(Stored items)

----------

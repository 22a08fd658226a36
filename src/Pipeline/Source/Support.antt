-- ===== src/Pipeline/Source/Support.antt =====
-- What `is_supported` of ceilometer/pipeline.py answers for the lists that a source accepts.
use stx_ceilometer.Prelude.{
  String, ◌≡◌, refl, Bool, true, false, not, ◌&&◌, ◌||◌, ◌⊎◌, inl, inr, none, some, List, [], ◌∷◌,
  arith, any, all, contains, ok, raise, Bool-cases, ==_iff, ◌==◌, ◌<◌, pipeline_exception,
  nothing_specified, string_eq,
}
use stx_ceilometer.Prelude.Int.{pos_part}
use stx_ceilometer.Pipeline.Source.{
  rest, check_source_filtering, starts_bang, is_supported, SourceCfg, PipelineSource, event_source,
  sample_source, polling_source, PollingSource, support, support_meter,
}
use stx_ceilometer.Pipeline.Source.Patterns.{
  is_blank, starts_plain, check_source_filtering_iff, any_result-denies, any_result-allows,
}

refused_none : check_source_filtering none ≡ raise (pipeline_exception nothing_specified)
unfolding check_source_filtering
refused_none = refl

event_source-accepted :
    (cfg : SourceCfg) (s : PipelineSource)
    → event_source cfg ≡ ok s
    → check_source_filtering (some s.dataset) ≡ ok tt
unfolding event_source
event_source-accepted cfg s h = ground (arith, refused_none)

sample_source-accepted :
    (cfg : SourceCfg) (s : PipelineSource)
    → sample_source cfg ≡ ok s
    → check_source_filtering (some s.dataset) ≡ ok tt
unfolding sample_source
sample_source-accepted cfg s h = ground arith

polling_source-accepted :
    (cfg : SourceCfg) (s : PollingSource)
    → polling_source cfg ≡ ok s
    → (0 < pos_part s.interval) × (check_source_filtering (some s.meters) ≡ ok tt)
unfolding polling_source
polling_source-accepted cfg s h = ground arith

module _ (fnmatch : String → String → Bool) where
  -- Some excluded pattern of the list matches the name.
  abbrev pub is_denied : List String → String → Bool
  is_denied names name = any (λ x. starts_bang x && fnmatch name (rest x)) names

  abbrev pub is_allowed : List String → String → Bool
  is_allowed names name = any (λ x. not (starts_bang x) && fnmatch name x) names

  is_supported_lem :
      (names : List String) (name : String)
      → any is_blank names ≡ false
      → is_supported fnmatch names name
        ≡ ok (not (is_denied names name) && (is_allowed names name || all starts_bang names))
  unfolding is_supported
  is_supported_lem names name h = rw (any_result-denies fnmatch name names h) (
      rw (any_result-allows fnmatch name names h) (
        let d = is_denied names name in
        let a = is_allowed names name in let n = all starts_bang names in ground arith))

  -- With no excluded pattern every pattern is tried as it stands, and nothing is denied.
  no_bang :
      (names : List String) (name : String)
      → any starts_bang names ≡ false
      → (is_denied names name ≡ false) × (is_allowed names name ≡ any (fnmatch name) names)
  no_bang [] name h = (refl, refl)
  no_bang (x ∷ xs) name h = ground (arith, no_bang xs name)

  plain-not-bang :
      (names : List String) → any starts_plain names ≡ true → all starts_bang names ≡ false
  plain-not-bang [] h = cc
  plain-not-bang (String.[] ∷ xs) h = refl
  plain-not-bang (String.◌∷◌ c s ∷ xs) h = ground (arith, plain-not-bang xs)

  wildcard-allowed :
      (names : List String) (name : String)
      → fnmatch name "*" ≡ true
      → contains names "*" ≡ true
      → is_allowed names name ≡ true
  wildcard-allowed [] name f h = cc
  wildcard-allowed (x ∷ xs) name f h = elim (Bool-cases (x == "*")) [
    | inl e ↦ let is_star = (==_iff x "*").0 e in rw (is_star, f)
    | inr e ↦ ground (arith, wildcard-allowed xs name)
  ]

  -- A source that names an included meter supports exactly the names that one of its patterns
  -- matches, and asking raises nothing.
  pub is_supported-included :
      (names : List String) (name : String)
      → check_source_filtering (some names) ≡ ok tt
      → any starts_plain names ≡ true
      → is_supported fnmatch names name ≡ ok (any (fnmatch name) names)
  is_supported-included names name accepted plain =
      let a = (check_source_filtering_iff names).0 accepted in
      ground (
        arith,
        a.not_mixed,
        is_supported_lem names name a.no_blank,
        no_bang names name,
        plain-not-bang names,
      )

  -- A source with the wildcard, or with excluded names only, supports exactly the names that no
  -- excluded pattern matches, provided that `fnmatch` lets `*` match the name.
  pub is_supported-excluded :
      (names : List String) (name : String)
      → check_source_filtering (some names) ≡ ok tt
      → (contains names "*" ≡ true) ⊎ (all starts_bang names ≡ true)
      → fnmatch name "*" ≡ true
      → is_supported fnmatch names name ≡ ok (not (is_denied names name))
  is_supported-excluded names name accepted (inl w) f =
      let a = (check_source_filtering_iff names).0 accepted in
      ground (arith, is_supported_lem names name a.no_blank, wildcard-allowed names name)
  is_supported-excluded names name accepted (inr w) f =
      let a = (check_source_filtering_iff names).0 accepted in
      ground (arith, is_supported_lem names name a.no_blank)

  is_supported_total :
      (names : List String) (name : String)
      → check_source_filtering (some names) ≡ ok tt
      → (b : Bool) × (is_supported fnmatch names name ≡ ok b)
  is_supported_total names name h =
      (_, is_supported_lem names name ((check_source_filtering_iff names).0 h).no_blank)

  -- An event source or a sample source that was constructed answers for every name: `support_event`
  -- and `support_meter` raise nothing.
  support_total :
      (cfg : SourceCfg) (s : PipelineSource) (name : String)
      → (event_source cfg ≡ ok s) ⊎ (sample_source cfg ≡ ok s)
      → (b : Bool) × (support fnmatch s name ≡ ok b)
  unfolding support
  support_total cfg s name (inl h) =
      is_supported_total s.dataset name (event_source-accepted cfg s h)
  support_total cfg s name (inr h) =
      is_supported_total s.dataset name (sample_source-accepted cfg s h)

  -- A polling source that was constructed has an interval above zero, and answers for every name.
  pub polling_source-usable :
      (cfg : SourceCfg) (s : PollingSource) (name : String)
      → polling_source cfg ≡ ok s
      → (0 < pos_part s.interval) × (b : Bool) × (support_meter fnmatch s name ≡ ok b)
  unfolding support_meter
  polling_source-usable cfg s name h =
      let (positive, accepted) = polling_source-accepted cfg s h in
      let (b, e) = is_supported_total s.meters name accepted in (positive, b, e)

----------

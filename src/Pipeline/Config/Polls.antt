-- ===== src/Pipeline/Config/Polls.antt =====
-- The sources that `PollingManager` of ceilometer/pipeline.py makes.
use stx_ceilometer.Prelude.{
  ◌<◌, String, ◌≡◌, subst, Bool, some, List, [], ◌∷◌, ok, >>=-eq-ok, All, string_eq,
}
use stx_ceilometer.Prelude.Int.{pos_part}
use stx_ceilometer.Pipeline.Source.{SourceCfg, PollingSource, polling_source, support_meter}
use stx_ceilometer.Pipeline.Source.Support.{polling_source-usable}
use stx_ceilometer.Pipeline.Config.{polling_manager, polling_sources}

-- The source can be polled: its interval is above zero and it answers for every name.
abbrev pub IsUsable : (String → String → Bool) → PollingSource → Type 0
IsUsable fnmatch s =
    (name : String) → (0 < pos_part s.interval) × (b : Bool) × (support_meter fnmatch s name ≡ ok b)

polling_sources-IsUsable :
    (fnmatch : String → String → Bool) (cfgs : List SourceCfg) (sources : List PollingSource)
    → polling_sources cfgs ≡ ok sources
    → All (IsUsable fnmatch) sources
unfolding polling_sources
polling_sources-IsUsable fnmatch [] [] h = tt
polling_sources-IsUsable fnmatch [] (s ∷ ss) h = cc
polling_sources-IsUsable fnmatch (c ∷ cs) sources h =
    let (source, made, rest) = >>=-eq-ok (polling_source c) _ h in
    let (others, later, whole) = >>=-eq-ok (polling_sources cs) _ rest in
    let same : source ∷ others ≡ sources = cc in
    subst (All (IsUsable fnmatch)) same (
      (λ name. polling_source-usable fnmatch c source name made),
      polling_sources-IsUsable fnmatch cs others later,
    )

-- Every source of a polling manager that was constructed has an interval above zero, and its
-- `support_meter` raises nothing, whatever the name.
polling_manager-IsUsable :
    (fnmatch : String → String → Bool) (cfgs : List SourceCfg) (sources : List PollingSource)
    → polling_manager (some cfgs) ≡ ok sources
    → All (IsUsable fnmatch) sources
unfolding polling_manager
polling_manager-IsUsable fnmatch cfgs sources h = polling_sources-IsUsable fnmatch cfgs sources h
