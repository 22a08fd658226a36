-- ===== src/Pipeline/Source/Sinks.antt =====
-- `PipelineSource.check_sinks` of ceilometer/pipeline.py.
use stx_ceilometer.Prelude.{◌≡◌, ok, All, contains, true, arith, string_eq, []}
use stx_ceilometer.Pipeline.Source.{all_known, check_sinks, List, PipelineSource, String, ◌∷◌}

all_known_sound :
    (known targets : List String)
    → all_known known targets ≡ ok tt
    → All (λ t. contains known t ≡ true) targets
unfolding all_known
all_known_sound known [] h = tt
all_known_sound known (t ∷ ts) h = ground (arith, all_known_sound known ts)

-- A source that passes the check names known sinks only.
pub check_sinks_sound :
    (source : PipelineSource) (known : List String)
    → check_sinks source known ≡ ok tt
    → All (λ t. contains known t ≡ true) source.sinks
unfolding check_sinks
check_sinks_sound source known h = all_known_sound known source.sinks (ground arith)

----------

Task details
Which lines of the records hold the string "above"? Copy each one.

Completed exercise
  -- A polling source that was constructed has an interval above zero, and answers for every name.
-- The source can be polled: its interval is above zero and it answers for every name.
-- Every source of a polling manager that was constructed has an interval above zero, and its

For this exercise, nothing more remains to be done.